# Mini Lindy Austin Healey dilemma



## ParkRNDL (Mar 20, 2002)

Picked this up for five bucks. That's not the dilemma.



















The screws came right out and the car came right apart. That's not the dilemma either.










Here's the dilemma: The Tjet chassis in the long wheelbase position lines up PERFECTLY.









It's like this thing was MADE for a Tjet. The only problem is the cutting I need to do for this thing to sit correctly. I'd have to completely remove the front screw post, shorten the rear one, and cut the bumpers off the chassis to be attached to the body.

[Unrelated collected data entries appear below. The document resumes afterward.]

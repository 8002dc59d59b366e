-- ===== src/Trust/Trusted.antt =====
-- What the validator of trust.rs (crates/zbrain/src) is to decide: a claim is trusted when it and
-- its whole closure of supporting claims pass the checks.
use zbrain.Prelude.{arith, String, ◌≡◌, true, Option, some, List, ok}
use zbrain.Prelude.Sets.{contains, distinct}
use zbrain.Ids.{is_claim_id}
use zbrain.Claims.{Claim}
use zbrain.Claims.Digest.{Canon, verify_claim_digest}
use zbrain.Trust.Visit.{Rule}

-- The claim under each id.
abbrev pub Find : Type 0
Find = String → Option Claim

-- The ids are safe and none stands twice.
pub record AreSound (ids : List String) : Type 0 where
  pub safe : (s : String) → contains ids s ≡ true → is_claim_id s ≡ true
  pub single : distinct ids ≡ true

pub record PassesChecks (canon : Canon) (validate : Rule) (c : Claim) : Type 0 where
  pub approved : c.status ≡ "approved"
  pub digest : verify_claim_digest canon c ≡ ok tt
  pub rule : validate c ≡ ok tt
  pub supports : AreSound c.supporting_claim_ids

pub data Trusted (canon : Canon) (validate : Rule) (find : Find) : String → Type 0 where
  trusted :
      {id : String} (c : Claim)
      → find id ≡ some c
      → PassesChecks canon validate c
      → ((s : String) → contains c.supporting_claim_ids s ≡ true → Trusted canon validate find s)
      → Trusted canon validate find id

-- From the id at the end, an id is a support of it or of one of its supports, and so on.
pub data Reaches (find : Find) (b : String) : String → Type 0 where
  direct :
      {a : String} (c : Claim)
      → find a ≡ some c
      → contains c.supporting_claim_ids b ≡ true
      → Reaches find b a
  through :
      {a : String} (c : Claim) (s : String)
      → find a ≡ some c
      → contains c.supporting_claim_ids s ≡ true
      → Reaches find b s
      → Reaches find b a

supports_of_same :
    (o : Option Claim) (s : String) (c d : Claim)
    → o ≡ some c
    → o ≡ some d
    → contains c.supporting_claim_ids s ≡ true
    → contains d.supporting_claim_ids s ≡ true
supports_of_same o s c d e e' m = ground arith

module _ {find : Find} where
  pub Reaches-trans : {b c a : String} → Reaches find b a → Reaches find c b → Reaches find c a
  Reaches-trans (Reaches.direct x e m) r = Reaches.through x _ e m r
  Reaches-trans (Reaches.through x s e m q) r = Reaches.through x s e m (Reaches-trans q r)

module _ {canon : Canon} {validate : Rule} {find : Find} where
  pub support_of_Trusted :
      {a : String} (c : Claim) (s : String)
      → find a ≡ some c
      → contains c.supporting_claim_ids s ≡ true
      → Trusted canon validate find a
      → Trusted canon validate find s
  support_of_Trusted c s e m (Trusted.trusted {id = a} d e' p below) =
      below s (supports_of_same (find a) s c d e e' m)

  pub reached_is_Trusted :
      {b a : String}
      → Reaches find b a
      → Trusted canon validate find a
      → Trusted canon validate find b
  reached_is_Trusted (Reaches.direct c e m) t = support_of_Trusted c _ e m t
  reached_is_Trusted (Reaches.through c s e m r) t =
      reached_is_Trusted r (support_of_Trusted c s e m t)

  -- A claim that reaches itself has a support on the way that reaches itself, and a derivation of
  -- trust would go down for ever.
  pub Trusted-acyclic : {a : String} → Trusted canon validate find a → Reaches find a a → ⊥
  Trusted-acyclic (Trusted.trusted {id = a} d e' p below) (Reaches.direct c e m) =
      Trusted-acyclic (below a (supports_of_same (find a) a c d e e' m)) (Reaches.direct c e m)
  Trusted-acyclic (Trusted.trusted {id = a} d e' p below) (Reaches.through c s e m r) =
      Trusted-acyclic (below s (supports_of_same (find a) s c d e e' m))
        (Reaches-trans r (Reaches.direct c e m))
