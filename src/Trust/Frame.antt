-- ===== src/Trust/Frame.antt =====
-- trust.rs (crates/zbrain/src): what each step of a visit does to the claims that can be found and
-- to the state of each id.
use zbrain.Prelude.{
  Option-cases, ◌⊎◌, inl, inr, String, ◌≡◌, refl, Option, none, some, ◌==◌, eq_iff, arith, ok, err,
  if◌then◌else◌,
}
use zbrain.Prelude.Assoc.{get, insert, get-insert}
use zbrain.Claims.{Claim}
use zbrain.Trust.{
  Reason, TrustFailure, VisitState, Loaded, loaded, not_found, unreadable, TrustValidator, state_of,
  set_state, mark_invalid,
}
use zbrain.Trust.Visit.{resolve, begin_visit}

abbrev found_by : Loaded → Option Claim
found_by (loaded c) = some c
found_by not_found = none
found_by (unreadable e) = none

abbrev find_by : Option Claim → Option (String → Loaded) → String → Option Claim
find_by (some c) load id = some c
find_by none none id = none
find_by none (some load) id = found_by (load id)

-- The claim that the validator holds or would load.
unfoldable pub find_in : TrustValidator → String → Option Claim
find_in v id = find_by (get v.claims id) v.load id

Loaded-cases : (l : Loaded) → ((c : Claim) × (l ≡ loaded c)) ⊎ (found_by l ≡ none)
Loaded-cases (loaded c) = inl (c, refl)
Loaded-cases not_found = inr refl
Loaded-cases (unreadable e) = inr refl

module _ (v : TrustValidator) (id j : String) where
  pub state_of-set_state :
      (s : VisitState) → state_of (set_state id s v) j ≡ (if id == j then s else state_of v j)
  state_of-set_state s = ground (arith, get-insert id j s v.states)

  pub find_in-set_state : (s : VisitState) → find_in (set_state id s v) j ≡ find_in v j
  unfolding find_in
  find_in-set_state s = refl

  pub state_of-mark_invalid :
      (f : TrustFailure)
      → state_of (mark_invalid id f v) j ≡ (if id == j then VisitState.invalid else state_of v j)
  unfolding mark_invalid
  state_of-mark_invalid f = ground (arith, get-insert id j VisitState.invalid v.states, eq_iff id j)

  pub find_in-mark_invalid : (f : TrustFailure) → find_in (mark_invalid id f v) j ≡ find_in v j
  unfolding mark_invalid find_in
  find_in-mark_invalid f = ground arith

  pub state_of-begin_visit :
      state_of (begin_visit id v) j ≡ (if id == j then VisitState.visiting else state_of v j)
  unfolding begin_visit
  state_of-begin_visit = ground (arith, get-insert id j VisitState.visiting v.states)

  pub find_in-begin_visit : find_in (begin_visit id v) j ≡ find_in v j
  unfolding begin_visit find_in
  find_in-begin_visit = refl

  find_in-hold :
      (load : String → Loaded) (c : Claim)
      → get v.claims id ≡ none
      → v.load ≡ some load
      → load id ≡ loaded c
      → find_in (record v { claims = insert id c v.claims }) j ≡ find_in v j
  unfolding find_in
  find_in-hold load c h l k = ground (arith, get-insert id j c v.claims, eq_iff id j)

  pub find_in-resolve : find_in (resolve id v).0 j ≡ find_in v j
  unfolding resolve
  find_in-resolve = elim (Option-cases (get v.claims id)) [
    | inl none_held ↦ elim (Option-cases v.load) [
      | inl no_load ↦ ground arith
      | inr (load, l) ↦ elim (Loaded-cases (load id)) [
        | inl (c, k) ↦ ground (arith, find_in-hold load c none_held l k)
        | inr k ↦ ground arith
      ]
    ]
    | inr held ↦ ground arith
  ]

  pub state_of-resolve : state_of (resolve id v).0 j ≡ state_of v j
  unfolding resolve
  state_of-resolve = ground arith

module _ (v : TrustValidator) (id : String) where
  pub resolve-eq-ok : {c : Claim} → (resolve id v).1 ≡ ok c → find_in v id ≡ some c
  unfolding resolve find_in
  resolve-eq-ok h = ground arith

  pub resolve-eq-err : {r : Reason} → (resolve id v).1 ≡ err r → find_in v id ≡ none
  unfolding resolve find_in
  resolve-eq-err h = ground arith

  pub resolve_of_found : {c : Claim} → find_in v id ≡ some c → (resolve id v).1 ≡ ok c
  unfolding resolve find_in
  resolve_of_found h = ground arith
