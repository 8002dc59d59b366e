-- ===== src/Trust/Invariant.antt =====
-- trust.rs (crates/zbrain/src): the invariant of a validator, and the steps of a visit.
use zbrain.Prelude.{
  String, ◌≡◌, List, [], ◌∷◌, ◌++◌, ◌==◌, eq_iff, arith, Bool-cases, inl, inr, sym, ◌∙◌,
}
use zbrain.Prelude.Assoc.{get}
use zbrain.Claims.Digest.{Canon}
use zbrain.Trust.{
  Reason, TrustFailure, VisitState, TrustValidator, state_of, set_state, mark_invalid, mark_cycle,
}
use zbrain.Trust.Visit.{Rule, inherited, inherit_failure, resolve, begin_visit}
use zbrain.Trust.Trusted.{Find, Trusted}
use zbrain.Trust.Frame.{
  find_in-set_state, find_in, state_of-set_state, state_of-mark_invalid, find_in-mark_invalid,
  state_of-begin_visit, find_in-begin_visit, find_in-resolve, state_of-resolve,
}

module _ (canon : Canon) (validate : Rule) (find : Find) where
  -- The validator finds what `find` finds, and what it holds to be valid is trusted.
  pub record Inv (v : TrustValidator) : Type 0 where
    pub agrees : (id : String) → find_in v id ≡ find id
    pub valid_trusted :
        (id : String) → state_of v id ≡ VisitState.valid → Trusted canon validate find id

module _ {canon : Canon} {validate : Rule} {find : Find} where
  pub Inv-mark_invalid :
      (id : String) (f : TrustFailure) {v : TrustValidator}
      → Inv canon validate find v
      → Inv canon validate find (mark_invalid id f v)
  Inv-mark_invalid id f {v} inv = record {
    agrees = λ j. find_in-mark_invalid v id j f ∙ inv.agrees j;
    valid_trusted = λ j h. inv.valid_trusted j (ground (arith, state_of-mark_invalid v id j f));
  }

  pub Inv-mark_cycle :
      (before nodes : List String) {v : TrustValidator}
      → Inv canon validate find v
      → Inv canon validate find (mark_cycle before nodes v)
  unfolding mark_cycle
  Inv-mark_cycle before [] inv = inv
  Inv-mark_cycle before (node ∷ nodes) inv =
      Inv-mark_cycle (before ++ node ∷ []) nodes (Inv-mark_invalid node _ inv)

  pub Inv-begin_visit :
      (id : String) {v : TrustValidator}
      → Inv canon validate find v
      → Inv canon validate find (begin_visit id v)
  Inv-begin_visit id {v} inv = record {
    agrees = λ j. find_in-begin_visit v id j ∙ inv.agrees j;
    valid_trusted = λ j h. inv.valid_trusted j (ground (arith, state_of-begin_visit v id j));
  }

  pub Inv-resolve :
      (id : String) {v : TrustValidator}
      → Inv canon validate find v
      → Inv canon validate find (resolve id v).0
  Inv-resolve id {v} inv = record {
    agrees = λ j. find_in-resolve v id j ∙ inv.agrees j;
    valid_trusted = λ j h. inv.valid_trusted j (sym (state_of-resolve v id j) ∙ h);
  }

  pub Inv-set_valid :
      (id : String) {v : TrustValidator}
      → Inv canon validate find v
      → Trusted canon validate find id
      → Inv canon validate find (set_state id VisitState.valid v)
  Inv-set_valid id {v} inv t = record {
    agrees = λ j. find_in-set_state v id j VisitState.valid ∙ inv.agrees j;
    valid_trusted = λ j h. elim (Bool-cases (id == j)) [
      | inl same ↦ rw (← (eq_iff id j).0 same) t
      | inr other ↦ inv.valid_trusted j (ground (arith, state_of-set_state v id j VisitState.valid))
    ];
  }

  pub Inv-inherit_failure :
      (id support_id : String) (r : Reason) {v : TrustValidator}
      → Inv canon validate find v
      → Inv canon validate find (inherit_failure id support_id r v)
  unfolding inherit_failure
  Inv-inherit_failure id support_id r {v} inv =
      let marked =
        Inv-mark_invalid id (inherited id support_id r (get v.failures support_id)) inv in
      elim (state_of v id)
        as (λ s. Inv canon validate find (elim s [
          | VisitState.invalid ↦ v
          | _ ↦ mark_invalid id (inherited id support_id r (get v.failures support_id)) v
        ])) [ VisitState.invalid ↦ inv | _ ↦ marked ]
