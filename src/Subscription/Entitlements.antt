-- ===== src/Subscription/Entitlements.antt =====
-- internal/subscription/entitlements.go, and the lookup of a user's entitlements in service.go.
use dating_app_backend.Prelude.{
  ℕ, Bool, true, false, ◌&&◌, ◌||◌, Option, none, some, is_some, List, [], ◌∷◌, Text, codes,
  text_eq, if◌then◌else◌, ltb, leb, ◌==◌, select, first_by, Result, ok, err,
}
use dating_app_backend.Subscription.Model.{
  JsonValue, json_int, json_negative, json_bool, json_null, json_other, Fields, Entitlements,
  UserSubscription, SubscriptionError, validation, is_active_subscription,
}

unfoldable pub free_entitlements : Entitlements
free_entitlements = record {
  daily_like_limit = 50;
  daily_super_like_limit = 1;
  can_use_audio_call = false;
  can_use_video_call = false;
  max_call_duration_seconds = 0;
  daily_call_limit_seconds = 0;
  can_see_who_liked_me = false;
  can_use_advanced_filters = false;
}

-- The value of a key; the last of several, as `json.Unmarshal` into a map keeps it.
abbrev pub field : Text → List (Text × JsonValue) → Option JsonValue
field name [] = none
field name ((k, v) ∷ rest) = elim (field name rest) [
  | some w ↦ some w
  | none ↦ if text_eq k name then some v else none
]

pub data EntitlementFault : Type 0 where
  invalid_json missing_field not_an_integer not_a_boolean negative : EntitlementFault

-- `decodeRequiredInt`; a negative number is `none`. A missing key reads as no JSON at all.
unfoldable pub decode_required_int :
    List (Text × JsonValue) → Text → Result EntitlementFault (Option ℕ)
decode_required_int fields name = elim (field name fields) [
  | none ↦ err not_an_integer
  | some v ↦ elim v [
    | json_int n ↦ ok (some n)
    | json_negative n ↦ ok none
    | json_bool b ↦ err not_an_integer
    | json_null ↦ err not_an_integer
    | json_other ↦ err not_an_integer
  ]
]

unfoldable pub decode_required_bool : List (Text × JsonValue) → Text → Result EntitlementFault Bool
decode_required_bool fields name = elim (field name fields) [
  | none ↦ err not_a_boolean
  | some v ↦ elim v [
    | json_int n ↦ err not_a_boolean
    | json_negative n ↦ err not_a_boolean
    | json_bool b ↦ ok b
    | json_null ↦ err not_a_boolean
    | json_other ↦ err not_a_boolean
  ]
]

abbrev pub and_then {ℓ κ} :
    {A : Type ℓ} {B : Type κ}
    → Result EntitlementFault A
    → (A → Result EntitlementFault B)
    → Result EntitlementFault B
and_then (ok a) k = k a
and_then (err e) k = err e

abbrev pub required_fields : List Text
required_fields =
    codes "dailyLikeLimit"
    ∷ codes "dailySuperLikeLimit"
    ∷ codes "canUseAudioCall"
    ∷ codes "canUseVideoCall"
    ∷ codes "maxCallDurationSeconds"
    ∷ codes "dailyCallLimitSeconds"
    ∷ codes "canSeeWhoLikedMe"
    ∷ codes "canUseAdvancedFilters"
    ∷ []

-- The loop over the required names.
abbrev pub has_fields : List (Text × JsonValue) → List Text → Bool
has_fields fields [] = true
has_fields fields (name ∷ names) = is_some (field name fields) && has_fields fields names

abbrev pub not_negative : Option ℕ → Result EntitlementFault ℕ
not_negative none = err negative
not_negative (some n) = ok n

-- What is decoded, with the numbers not validated yet.
pub record RawEntitlements : Type 0 where
  pub like_limit : Option ℕ
  pub super_like_limit : Option ℕ
  pub audio_call : Bool
  pub video_call : Bool
  pub longest_call : Option ℕ
  pub daily_call : Option ℕ
  pub see_likers : Bool
  pub filters : Bool

abbrev pub decode_fields : List (Text × JsonValue) → Result EntitlementFault RawEntitlements
decode_fields f = and_then (decode_required_int f (codes "dailyLikeLimit")) λ likes.
    and_then (decode_required_int f (codes "dailySuperLikeLimit")) λ super_likes.
      and_then (decode_required_bool f (codes "canUseAudioCall")) λ audio.
        and_then (decode_required_bool f (codes "canUseVideoCall")) λ video.
          and_then (decode_required_int f (codes "maxCallDurationSeconds")) λ longest.
            and_then (decode_required_int f (codes "dailyCallLimitSeconds")) λ daily.
              and_then (decode_required_bool f (codes "canSeeWhoLikedMe")) λ likers.
                and_then (decode_required_bool f (codes "canUseAdvancedFilters")) λ filters.
                  ok (record {
                    like_limit = likes;
                    super_like_limit = super_likes;
                    audio_call = audio;
                    video_call = video;
                    longest_call = longest;
                    daily_call = daily;
                    see_likers = likers;
                    filters = filters;
                  })

-- `ValidateEntitlements`
abbrev pub validate_entitlements : RawEntitlements → Result EntitlementFault Entitlements
validate_entitlements r = and_then (not_negative r.like_limit) λ likes.
    and_then (not_negative r.super_like_limit) λ super_likes.
      and_then (not_negative r.longest_call) λ longest.
        and_then (not_negative r.daily_call) λ daily. ok (record {
          daily_like_limit = likes;
          daily_super_like_limit = super_likes;
          can_use_audio_call = r.audio_call;
          can_use_video_call = r.video_call;
          max_call_duration_seconds = longest;
          daily_call_limit_seconds = daily;
          can_see_who_liked_me = r.see_likers;
          can_use_advanced_filters = r.filters;
        })

unfoldable pub decode_entitlements : Fields → Result EntitlementFault Entitlements
decode_entitlements none = err invalid_json
decode_entitlements (some f) =
    if has_fields f required_fields
    then and_then (decode_fields f) validate_entitlements
    else err missing_field

-- `status = 'ACTIVE' AND starts_at <= ? AND expires_at > ?`
abbrev pub is_current : ℕ → ℕ → UserSubscription → Bool
is_current user now s =
    s.user_id == user
    && (is_active_subscription s.status && (leb s.starts_at now && ltb now s.expires_at))

-- `ORDER BY expires_at DESC, id DESC`
abbrev pub expires_later : UserSubscription → UserSubscription → Bool
expires_later x y = ltb y.expires_at x.expires_at || (x.expires_at == y.expires_at && ltb y.id x.id)

unfoldable pub active_subscription : ℕ → ℕ → List UserSubscription → Option UserSubscription
active_subscription user now rows = first_by expires_later (select (is_current user now) rows)

pub record EntitlementSnapshot : Type 0 where
  pub is_premium : Bool
  pub plan_code : Option Text
  pub expires_at : Option ℕ
  pub entitlements : Entitlements

abbrev pub snapshot_of : Option UserSubscription → Result SubscriptionError EntitlementSnapshot
snapshot_of none = ok (record {
  is_premium = false;
  plan_code = none;
  expires_at = none;
  entitlements = free_entitlements;
})
snapshot_of (some s) = elim (decode_entitlements s.entitlements) [
  | err e ↦ err validation
  | ok x ↦ ok (record {
    is_premium = true;
    plan_code = some s.plan_code;
    expires_at = some s.expires_at;
    entitlements = x;
  })
]

-- `entitlements`
unfoldable pub entitlements_at :
    ℕ → ℕ → List UserSubscription → Result SubscriptionError EntitlementSnapshot
entitlements_at user now rows = snapshot_of (active_subscription user now rows)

Is it sacrilege to hack on an otherwise perfect Mini Lindy... ?

--rick


----------



## Ian Garnett (Feb 22, 2003)

No. Why did you take it apart? Sacrilege has already been committed, physically & mentally.
If the pain and suffering are to great Rick send it down the road to me in WV.
Love the sports cars, have a few by different casters to drool over.
Just Do It. The lust is pulling at you. 
Ian
(xfaoh)


----------



## sidejobjon (Jun 3, 2010)

Rick look what you got for 5 bucks looks great keep hacking, just my two cents.
SJJ


----------



## alpink (Aug 22, 2010)

if it is valuable, somehow, and you cut it, then the value goes up on the rest of them.
nothing wrong with cutting a Min Lindy, I have done several.
5 bucks is a bargain for any of the Mini Lindy's. 
as has been pointed out, after you have made the modifications, someone might want to make a silicone rubber mold of it to make resin copies.
just sayin.


----------



## Ralphthe3rd (Feb 24, 2011)

My good friend -Jim Hoar converted this Mini Lindy recently. And he never hesitated for a moment


----------



## JordanZ870 (Nov 25, 2004)

Rick, you OWE it to yourself to
have an Austin slot car! :thumbsup:
If you are feeling THAT poorly over
cutting up your single example, simply
find a second one to leave original.

It sure does make for a pretty slot car.
I'd do it in a heartbeat.


----------



## Hilltop Raceway (Feb 12, 2006)

Yea go ahead and cut her!!! Think of all the good Dremel and Xacto people you'll help keep working...and all the stores clerks that sell the merchandise...and all the delivery people that delivery the products...and all the people that help keep that store running...and....and...and... 5.00 well spent!!! RM


----------



## slotcarman12078 (Oct 3, 2008)

Let's look at it from another point of view.... Suppose you were created to only look ****, and had to rely on gravity or the hand of God to move around. Sooner or later you would hit rock bottom with no way of getting out of that rut. How would you feel??? 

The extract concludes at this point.